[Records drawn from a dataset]
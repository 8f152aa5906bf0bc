-- ===== src/Amqp/Tests.antt =====
-- Calls over AMQP, and the theorems at inputs where their hypotheses hold.
use commlib_py.Prelude.{
  ℕ, ◌+◌, ◌≡◌, refl, true, false, ◌==◌, Option, none, some, List, [], ◌∷◌, if◌then◌else◌,
}
use commlib_py.Amqp.Client.{
  RpcClient, Answer, same_id, new_client, begin_call, wait_for_response, accepts, set_response,
  on_response_handle, Event, takes, stores, Handling, happen, happen_all,
}
use commlib_py.Amqp.Service.{
  Request, RpcService, Serving, responds, raises, invoke_onrequest_callback, send_response,
  on_request_callback, serve,
}

program : Unit {0}
unfolding same_id new_client begin_call wait_for_response accepts set_response on_response_handle
    happen happen_all invoke_onrequest_callback send_response on_request_callback serve
program = tt

abbrev read : ℕ → Option ℕ
read n = if n == 0 then none else some n

abbrev answer : ℕ → ℕ → Answer ℕ
answer id n = record { correlation_id = some id; body = n }

abbrev calling : RpcClient ℕ
calling = begin_call 2 (new_client true)

-- The client begins its call, while its handler has nothing in hand.
abbrev fresh_client : Handling ℕ ℕ
fresh_client = record { client = new_client true; in_hand = none }

abbrev begun : Handling ℕ ℕ
begun = record { client = calling; in_hand = none }

abbrev arrivals : List (Event ℕ)
arrivals = takes (answer 1 10) ∷ stores ∷ takes (answer 2 20) ∷ stores ∷ takes (answer 3 30) ∷ []

returns_own : wait_for_response (happen_all read 0 arrivals begun).client ≡ some 20
unfolding program
returns_own = refl

abbrev plain : RpcClient ℕ
plain = record calling { use_corr_id = false }

abbrev strict : RpcClient ℕ
strict = record calling { use_corr_id = true; corr_id = some 1 }

abbrev doubling : RpcService ℕ ℕ
doubling = record {
  decode = read;
  encode = λ n. some n;
  on_request = λ n. if n == 7 then raises else responds (n + n);
  empty = 1;
}

abbrev ask : ℕ → ℕ → Request ℕ
ask id n = record { correlation_id = some id; body = n }

abbrev two_workers : Serving ℕ
two_workers = record { max_workers = 2; unacked = 0; answered = [] }
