-- ===== src/Amqp/TransportTests.antt =====
-- Runs of the AMQP transport and of a task worker's loop, and the theorems at inputs where their hypotheses
-- hold.
use commlib_py.Prelude.{
  ℕ, zero, suc, ◌+◌, ◌≡◌, refl, Bool, true, false, ◌==◌, Option, none, some, List, [], ◌∷◌, map,
  arith, if◌then◌else◌,
}
use commlib_py.Prelude.Dict.{get, put, remove}
use commlib_py.Connections.Amqp.{
  close, create_connection, remove_stale, reuse_or_replace, get_or_create_amqp_connection,
  drop_last, release_amqp_connection,
}
use commlib_py.Connections.Holders.{Counted, set_held, no_holders, empty_pool}
use commlib_py.Amqp.Transport.{
  AmqpTransport, Net, Opened, opens, connection_error, connects, new_amqp_transport, acquire,
  end_connect, after_reconnect, connect_by, create_channel_by, connect, has_no_channel,
  close_channel, give_back, graceful_shutdown, stop,
}
use commlib_py.Amqp.Releases.{stop-connect, stop_releases_others}
use commlib_py.Amqp.Consumer.{
  Delivery, nothing, delivered, acks, nacks, Consumed, Judged, reject, settle_all, first,
  consume_one, consume_loop, tags_before_stop, consume_loop_settles,
}

program : Unit {0}
unfolding get put remove close create_connection remove_stale reuse_or_replace
    get_or_create_amqp_connection drop_last release_amqp_connection set_held new_amqp_transport
    acquire end_connect after_reconnect connect_by create_channel_by connect has_no_channel
    close_channel give_back graceful_shutdown stop reject consume_one consume_loop tags_before_stop
program = tt

abbrev all_open : ℕ → Opened
all_open n = opens

abbrev empty_net : Net
empty_net = record { pool = empty_pool (λ c. false); asked = 0 }

empty_Counted : Counted (empty_pool (λ c. false)) no_holders
unfolding get
empty_Counted = (λ k. refl, λ k c e. absurd (ground arith), λ k j c e f. absurd (ground arith))

stop-connect_example :
    (t1 : AmqpTransport) × (n1 : Net) × (t2 : AmqpTransport) × (n2 : Net) × (connect all_open 1
        (new_amqp_transport 7 none true)
        empty_net
      ≡ (connects true, t1, n1))
    × (t1.connected ≡ true)
    × Counted n1.pool (set_held 7 (no_holders 7 + 1) no_holders)
    × (stop t1 n1 ≡ some (t2, n2))
    × (t2.connected ≡ false)
    × (t2.connection ≡ none)
    × Counted n2.pool no_holders
stop-connect_example = stop-connect all_open 0 7 no_holders empty_net empty_Counted refl

-- One holder of the key 7, whose connection is 0.
abbrev one_holder : Net
one_holder = record {
  pool = record {
    registry = (7, 0) ∷ [];
    refcount = (7, 1) ∷ [];
    is_open = λ c. c == 0;
    created = 1;
  };
  asked = 0;
}

abbrev holder_of_seven : ℕ → ℕ
holder_of_seven k = if 7 == k then 1 else 0

one_holder_Counted : Counted one_holder.pool holder_of_seven
unfolding get
one_holder_Counted = (λ k. ground arith, λ k c e. ground arith, λ k j c e f. ground arith)

stop_releases_others_example :
    (t1 : AmqpTransport) × (n1 : Net) × (t2 : AmqpTransport) × (n2 : Net) × (connect all_open 1
        (new_amqp_transport 7 (some 5) true)
        one_holder
      ≡ (connects true, t1, n1))
    × (n1.pool ≡ one_holder.pool)
    × (stop t1 n1 ≡ some (t2, n2))
    × (n2.pool.is_open 0 ≡ false)
unfolding get
stop_releases_others_example =
    stop_releases_others all_open 0 7 5 0 holder_of_seven one_holder one_holder_Counted refl refl
      refl

abbrev lost : ℕ → Opened
lost n = connection_error

abbrev without_channel : AmqpTransport
without_channel = record (new_amqp_transport 7 (some 5) true) { owns_connection = true }

-- A body that is 0 cannot be read; a task that is 3 raises.
abbrev read : ℕ → Option ℕ
read zero = none
read (suc n) = some (suc n)

abbrev process : ℕ → ℕ → Option (Bool × ℕ)
process task done = some (task == 3, done + 1)

abbrev turns : List (Bool × Delivery ℕ)
turns =
    (false, delivered 1 5)
    ∷ (false, nothing)
    ∷ (false, delivered 2 0)
    ∷ (false, delivered 3 3)
    ∷ (true, delivered 4 5)
    ∷ []

-- The acknowledgement of the message 4 raises, and its rejection does.
abbrev is_four : ℕ → Bool
is_four tag = tag == 4

settles :
    consume_loop is_four is_four read process turns 0
    ≡ some (record { calls = acks 1 ∷ nacks 2 ∷ nacks 3 ∷ []; escaped = false; state = 2 })
unfolding program
settles = refl

rejection_ends :
    consume_loop is_four is_four read process ((false, delivered 4 9) ∷ turns) 0
    ≡ some (record { calls = acks 4 ∷ nacks 4 ∷ []; escaped = true; state = 1 })
unfolding program
rejection_ends = refl

abbrev no_tag : ℕ → Bool
no_tag tag = false

consume_loop_settles_example :
    (vs : List (ℕ × Bool)) × (r : Consumed ℕ) × Judged read process turns 0 vs
    × (consume_loop is_four no_tag read process turns 0 ≡ some r)
    × (r.calls ≡ settle_all read process is_four no_tag vs)
    × (r.escaped ≡ false)
    × (map (first read process is_four no_tag) vs ≡ 1 ∷ 2 ∷ 3 ∷ [])
unfolding program
consume_loop_settles_example =
    consume_loop_settles read process is_four no_tag turns 0 (λ task u. (task == 3, u + 1, refl))
      (λ tag. refl)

## Your task:
The expected response is the full data, reproduced exactly.

## Response below:
repository 8f152aa5906bf0bc
-- ===== src/Amqp/Tests.antt =====
-- Calls over AMQP, and the theorems at inputs where their hypotheses hold.
use commlib_py.Prelude.{
  ℕ, ◌+◌, ◌≡◌, refl, true, false, ◌==◌, Option, none, some, List, [], ◌∷◌, if◌then◌else◌,
}
use commlib_py.Amqp.Client.{
  RpcClient, Answer, same_id, new_client, begin_call, wait_for_response, accepts, set_response,
  on_response_handle, Event, takes, stores, Handling, happen, happen_all,
}
use commlib_py.Amqp.Service.{
  Request, RpcService, Serving, responds, raises, invoke_onrequest_callback, send_response,
  on_request_callback, serve,
}

program : Unit {0}
unfolding same_id new_client begin_call wait_for_response accepts set_response on_response_handle
    happen happen_all invoke_onrequest_callback send_response on_request_callback serve
program = tt

abbrev read : ℕ → Option ℕ
read n = if n == 0 then none else some n

abbrev answer : ℕ → ℕ → Answer ℕ
answer id n = record { correlation_id = some id; body = n }

abbrev calling : RpcClient ℕ
calling = begin_call 2 (new_client true)

-- The client begins its call, while its handler has nothing in hand.
abbrev fresh_client : Handling ℕ ℕ
fresh_client = record { client = new_client true; in_hand = none }

abbrev begun : Handling ℕ ℕ
begun = record { client = calling; in_hand = none }

abbrev arrivals : List (Event ℕ)
arrivals = takes (answer 1 10) ∷ stores ∷ takes (answer 2 20) ∷ stores ∷ takes (answer 3 30) ∷ []

returns_own : wait_for_response (happen_all read 0 arrivals begun).client ≡ some 20
unfolding program
returns_own = refl

abbrev plain : RpcClient ℕ
plain = record calling { use_corr_id = false }

abbrev strict : RpcClient ℕ
strict = record calling { use_corr_id = true; corr_id = some 1 }

abbrev doubling : RpcService ℕ ℕ
doubling = record {
  decode = read;
  encode = λ n. some n;
  on_request = λ n. if n == 7 then raises else responds (n + n);
  empty = 1;
}

abbrev ask : ℕ → ℕ → Request ℕ
ask id n = record { correlation_id = some id; body = n }

abbrev two_workers : Serving ℕ
two_workers = record { max_workers = 2; unacked = 0; answered = [] }
-- ===== src/Amqp/TransportTests.antt =====
-- Runs of the AMQP transport and of a task worker's loop, and the theorems at inputs where their hypotheses
-- hold.
use commlib_py.Prelude.{
  ℕ, zero, suc, ◌+◌, ◌≡◌, refl, Bool, true, false, ◌==◌, Option, none, some, List, [], ◌∷◌, map,
  arith, if◌then◌else◌,
}
use commlib_py.Prelude.Dict.{get, put, remove}
use commlib_py.Connections.Amqp.{
  close, create_connection, remove_stale, reuse_or_replace, get_or_create_amqp_connection,
  drop_last, release_amqp_connection,
}
use commlib_py.Connections.Holders.{Counted, set_held, no_holders, empty_pool}
use commlib_py.Amqp.Transport.{
  AmqpTransport, Net, Opened, opens, connection_error, connects, new_amqp_transport, acquire,
  end_connect, after_reconnect, connect_by, create_channel_by, connect, has_no_channel,
  close_channel, give_back, graceful_shutdown, stop,
}
use commlib_py.Amqp.Releases.{stop-connect, stop_releases_others}
use commlib_py.Amqp.Consumer.{
  Delivery, nothing, delivered, acks, nacks, Consumed, Judged, reject, settle_all, first,
  consume_one, consume_loop, tags_before_stop, consume_loop_settles,
}

program : Unit {0}
unfolding get put remove close create_connection remove_stale reuse_or_replace
    get_or_create_amqp_connection drop_last release_amqp_connection set_held new_amqp_transport
    acquire end_connect after_reconnect connect_by create_channel_by connect has_no_channel
    close_channel give_back graceful_shutdown stop reject consume_one consume_loop tags_before_stop
program = tt

abbrev all_open : ℕ → Opened
all_open n = opens

abbrev empty_net : Net
empty_net = record { pool = empty_pool (λ c. false); asked = 0 }

empty_Counted : Counted (empty_pool (λ c. false)) no_holders
unfolding get
empty_Counted = (λ k. refl, λ k c e. absurd (ground arith), λ k j c e f. absurd (ground arith))

stop-connect_example :
    (t1 : AmqpTransport) × (n1 : Net) × (t2 : AmqpTransport) × (n2 : Net) × (connect all_open 1
        (new_amqp_transport 7 none true)
        empty_net
      ≡ (connects true, t1, n1))
    × (t1.connected ≡ true)
    × Counted n1.pool (set_held 7 (no_holders 7 + 1) no_holders)
    × (stop t1 n1 ≡ some (t2, n2))
    × (t2.connected ≡ false)
    × (t2.connection ≡ none)
    × Counted n2.pool no_holders
stop-connect_example = stop-connect all_open 0 7 no_holders empty_net empty_Counted refl

-- One holder of the key 7, whose connection is 0.
abbrev one_holder : Net
one_holder = record {
  pool = record {
    registry = (7, 0) ∷ [];
    refcount = (7, 1) ∷ [];
    is_open = λ c. c == 0;
    created = 1;
  };
  asked = 0;
}

abbrev holder_of_seven : ℕ → ℕ
holder_of_seven k = if 7 == k then 1 else 0

one_holder_Counted : Counted one_holder.pool holder_of_seven
unfolding get
one_holder_Counted = (λ k. ground arith, λ k c e. ground arith, λ k j c e f. ground arith)

stop_releases_others_example :
    (t1 : AmqpTransport) × (n1 : Net) × (t2 : AmqpTransport) × (n2 : Net) × (connect all_open 1
        (new_amqp_transport 7 (some 5) true)
        one_holder
      ≡ (connects true, t1, n1))
    × (n1.pool ≡ one_holder.pool)
    × (stop t1 n1 ≡ some (t2, n2))
    × (n2.pool.is_open 0 ≡ false)
unfolding get
stop_releases_others_example =
    stop_releases_others all_open 0 7 5 0 holder_of_seven one_holder one_holder_Counted refl refl
      refl

abbrev lost : ℕ → Opened
lost n = connection_error

abbrev without_channel : AmqpTransport
without_channel = record (new_amqp_transport 7 (some 5) true) { owns_connection = true }

-- A body that is 0 cannot be read; a task that is 3 raises.
abbrev read : ℕ → Option ℕ
read zero = none
read (suc n) = some (suc n)

abbrev process : ℕ → ℕ → Option (Bool × ℕ)
process task done = some (task == 3, done + 1)

abbrev turns : List (Bool × Delivery ℕ)
turns =
    (false, delivered 1 5)
    ∷ (false, nothing)
    ∷ (false, delivered 2 0)
    ∷ (false, delivered 3 3)
    ∷ (true, delivered 4 5)
    ∷ []

-- The acknowledgement of the message 4 raises, and its rejection does.
abbrev is_four : ℕ → Bool
is_four tag = tag == 4

settles :
    consume_loop is_four is_four read process turns 0
    ≡ some (record { calls = acks 1 ∷ nacks 2 ∷ nacks 3 ∷ []; escaped = false; state = 2 })
unfolding program
settles = refl

rejection_ends :
    consume_loop is_four is_four read process ((false, delivered 4 9) ∷ turns) 0
    ≡ some (record { calls = acks 4 ∷ nacks 4 ∷ []; escaped = true; state = 1 })
unfolding program
rejection_ends = refl

abbrev no_tag : ℕ → Bool
no_tag tag = false

consume_loop_settles_example :
    (vs : List (ℕ × Bool)) × (r : Consumed ℕ) × Judged read process turns 0 vs
    × (consume_loop is_four no_tag read process turns 0 ≡ some r)
    × (r.calls ≡ settle_all read process is_four no_tag vs)
    × (r.escaped ≡ false)
    × (map (first read process is_four no_tag) vs ≡ 1 ∷ 2 ∷ 3 ∷ [])
unfolding program
consume_loop_settles_example =
    consume_loop_settles read process is_four no_tag turns 0 (λ task u. (task == 3, u + 1, refl))
      (λ tag. refl)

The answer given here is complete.